For the Life and Pensions industry, virtual connectivity and online access for advisers and their clients isn’t new. But, the accelerated rate of change has caught many unaware.
As a service provider, we’ve found that making several small changes to the way we conduct business, together with a quick response to the pandemic, allowed us to support the needs of advisers and their clients with minimal inconvenience.
One larger change we’ve made is a simplification of our Pension, which is now ordered in three tiers with costs starting from 20bps. This transparent structure works alongside our improved online access to deliver a modern, hassle-free pension proposition.
Connecting with our customers’ new reality
We’re focused on mass affluent customers, and providing them with financial resilience in retirement and later life.
But who are they?
The mass affluent group are in a financially comfortable position and our research1 shows:
- They’re sensible with their finances, with a strong savings habit
- 95% prefer low/medium risk investments
- 39% have children under 18, so often balance family support with saving for retirement.

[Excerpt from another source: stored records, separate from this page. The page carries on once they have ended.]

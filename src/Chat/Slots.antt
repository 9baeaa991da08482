-- ===== src/Chat/Slots.antt =====
-- The slots of src/core/chatmessagemodel.cpp, which the message service's signals call.
use neo_nect_desktop.Base.{
  ℕ, suc, ◌+◌, ◌-◌, min, Bool, false, ◌&&◌, ◌||◌, not, List, [], ◌∷◌, ◌++◌, none, some,
  if◌then◌else◌, length, take, ltb, leb, modify, ℤ,
}
use neo_nect_desktop.Base.Text.{String, ◌==◌, is_empty}
use neo_nect_desktop.Qt.{Qt, Qreal, VariantMap, value}
use neo_nect_desktop.Chat.Item.{MessageItem, parse_variant_map}
use neo_nect_desktop.Chat.Blocks.{recalculate_blocks}
use neo_nect_desktop.Chat.Order.{stable_sort, upper_bound, insert_at}
use neo_nect_desktop.Chat.Model.{
  Role, begin_insert_rows, end_insert_rows, begin_remove_rows, end_remove_rows, begin_reset_model,
  end_reset_model, data_changed, count_changed, can_fetch_more_changed, is_loading_more_changed,
  ChatMessageModel, emit, find_row, change_row, change_rows,
}
use neo_nect_desktop.Chat.Rows.{
  all_marks, set_status, remove_message, clear_active_viewport_store, update_transfer_progress,
}

unfoldable pub set_active_conversation : String → ChatMessageModel → ChatMessageModel
set_active_conversation id m =
    clear_active_viewport_store (record m { active_conversation_id = id })

-- The window of rows that a page of older messages may fill.
abbrev pub max_window_size : ℕ
max_window_size = 150

module _ (q : Qt) where
  -- One row per message; each reads the clock for itself, the i-th time at `clock i`.
  unfoldable pub parse_all : (ℕ → ℤ) → ℕ → List VariantMap → List MessageItem
  parse_all clock i [] = []
  parse_all clock i (map ∷ maps) = parse_variant_map q (clock i) map ∷ parse_all clock (suc i) maps

  unfoldable pub on_conversation_loaded :
      (ℕ → ℤ) → String → List VariantMap → ChatMessageModel → ChatMessageModel
  on_conversation_loaded clock id messages m =
      if not (q.same_ci id m.active_conversation_id)
      then m
      else let m = record m {
        can_fetch_more = leb 40 (length messages);
        is_loading_more = false;
      } in
        let m = emit begin_reset_model m in
        let m = record m {
          items = recalculate_blocks (stable_sort (parse_all clock 0 messages));
        } in
        emit count_changed
          (emit is_loading_more_changed (emit can_fetch_more_changed (emit end_reset_model m)))

  -- The rows past the window are dropped.
  abbrev pub cut_window : ChatMessageModel → ChatMessageModel
  cut_window m =
      let last = length m.items - 1 in
      let m = emit (begin_remove_rows max_window_size last) m in
      let m = record m { items = recalculate_blocks (take max_window_size m.items) } in
      emit count_changed (emit (end_remove_rows max_window_size last) m)

  unfoldable pub drop_overflow : ChatMessageModel → ChatMessageModel
  drop_overflow m = if ltb max_window_size (length m.items) then cut_window m else m

  -- The older rows, before the ones there are.
  abbrev pub insert_older : List MessageItem → ChatMessageModel → ChatMessageModel
  insert_older older m =
      let last = length older - 1 in
      let m = emit (begin_insert_rows 0 last) m in
      let m = record m { items = recalculate_blocks (older ++ m.items) } in
      emit count_changed (emit (end_insert_rows 0 last) m)

  unfoldable pub prepend_messages :
      (ℕ → ℤ) → String → List VariantMap → ChatMessageModel → ChatMessageModel
  prepend_messages clock id messages m =
      if not (q.same_ci id m.active_conversation_id)
      then m
      else let m = emit is_loading_more_changed (record m { is_loading_more = false }) in
        elim messages [
          | [] ↦ emit can_fetch_more_changed (record m { can_fetch_more = false })
          | x ∷ xs ↦
              let m = record m { can_fetch_more = leb 30 (length (x ∷ xs)) } in
              let m = emit can_fetch_more_changed m in
              drop_overflow (insert_older (parse_all clock 0 (x ∷ xs)) m)
        ]

  unfoldable pub on_more_messages_loaded :
      (ℕ → ℤ) → String → List VariantMap → ChatMessageModel → ChatMessageModel
  unfolding prepend_messages
  on_more_messages_loaded clock id messages m =
      if not (q.same_ci id m.active_conversation_id)
      then m
      else prepend_messages clock id messages m

  -- dataChanged for the new row and the ones beside it, if there are any.
  abbrev pub emit_around : ℕ → ChatMessageModel → ChatMessageModel
  emit_around i m =
      if ltb 1 (length m.items)
      then emit (data_changed (i - 1) (min (length m.items - 1) (i + 1)) all_marks) m
      else m

  abbrev pub insert_row : MessageItem → ChatMessageModel → ChatMessageModel
  insert_row x m =
      let i = upper_bound x m.items in
      let m = emit (begin_insert_rows i i) m in
      let m = record m { items = recalculate_blocks (insert_at i x m.items) } in
      emit_around i (emit count_changed (emit (end_insert_rows i i) m))

  -- A message with the id of a row takes its place.
  abbrev pub replace_row : ℕ → MessageItem → ChatMessageModel → ChatMessageModel
  replace_row i x m =
      let m = record m { items = recalculate_blocks (modify i (λ y. x) m.items) } in
      emit (data_changed i i []) m

  unfoldable pub on_message_added : ℤ → String → VariantMap → ChatMessageModel → ChatMessageModel
  on_message_added now id message m =
      if not (q.same_ci id m.active_conversation_id)
      then m
      else elim (find_row (q.to_string (value "id" message)) m) [
        | some i ↦ replace_row i (parse_variant_map q now message) m
        | none ↦ insert_row (parse_variant_map q now message) m
      ]

  -- A signal names another conversation than the active one.
  abbrev pub is_other : String → ChatMessageModel → Bool
  is_other id m = not (is_empty id) && not (q.same_ci id m.active_conversation_id)

  unfoldable pub on_message_updated :
      String → String → String → String → ChatMessageModel → ChatMessageModel
  on_message_updated id message_id status error_text m =
      if is_other id m
      then m
      else if is_empty message_id || message_id == "all"
      then change_rows (λ i x. x.from_me && not (x.status == status))
          (λ i. set_status status error_text) (Role.status ∷ Role.error_text ∷ []) 0 m.items m
      else elim (find_row message_id m) [
        | none ↦ m
        | some i ↦
            change_row i (set_status status error_text) (Role.status ∷ Role.error_text ∷ []) m
      ]

  unfoldable pub on_message_removed : String → String → ChatMessageModel → ChatMessageModel
  on_message_removed id message_id m = if is_other id m then m else remove_message message_id m

  unfoldable pub on_media_transfer_progress :
      String → String → Qreal → ℤ → ℤ → ChatMessageModel → ChatMessageModel
  on_media_transfer_progress id message_id progress bytes total m =
      if is_other id m then m else update_transfer_progress message_id progress bytes total m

- 49% are older than 55, so they’re retired or nearing retirement
They also know they need help with retirement planning and are open to financial advice
- 6 in 10 have used a financial adviser in the past, and 7 in 10 would use advice in the future
- 70% of have good general financial knowledge
1Source for statistics: research conducted by LV=, and by BDifferent on behalf of LV=, with nationally representative UK adults between January and June 2020.
Understanding our customers has helped us to recognise what support they may need after Covid, and to refine our new and existing propositions so that advisers feel confident that they’re meeting clients’ needs.
Smoothed Investment strategies win out
Understandably, financial planning and the protection of assets has become a major focus for risk-sensitive clients.
The requirement for investment options that offer steady long term growth, while helping protect against market volatility has proved crucial for this underserved client group.
For advisers, accessing straightforward, risk-rated solutions that support clients through all market conditions is just as important.
Our Smoothed Managed Fund range can be accessed via a pension, bond or ISA and was designed to offer a low volatility investor journey through all market conditions.
The funds come with a simple smoothing mechanism that averages daily fund prices over the previous 26 weeks to help protect against extreme market swings – and I’m pleased to say that it has performed exactly as intended, even through the market extremes we saw earlier this year.
Our smoothed funds have served as a flagship proposition throughout the crisis, reducing the impact of market volatility on client investments, and removing unnecessary stress and anxiety for those invested.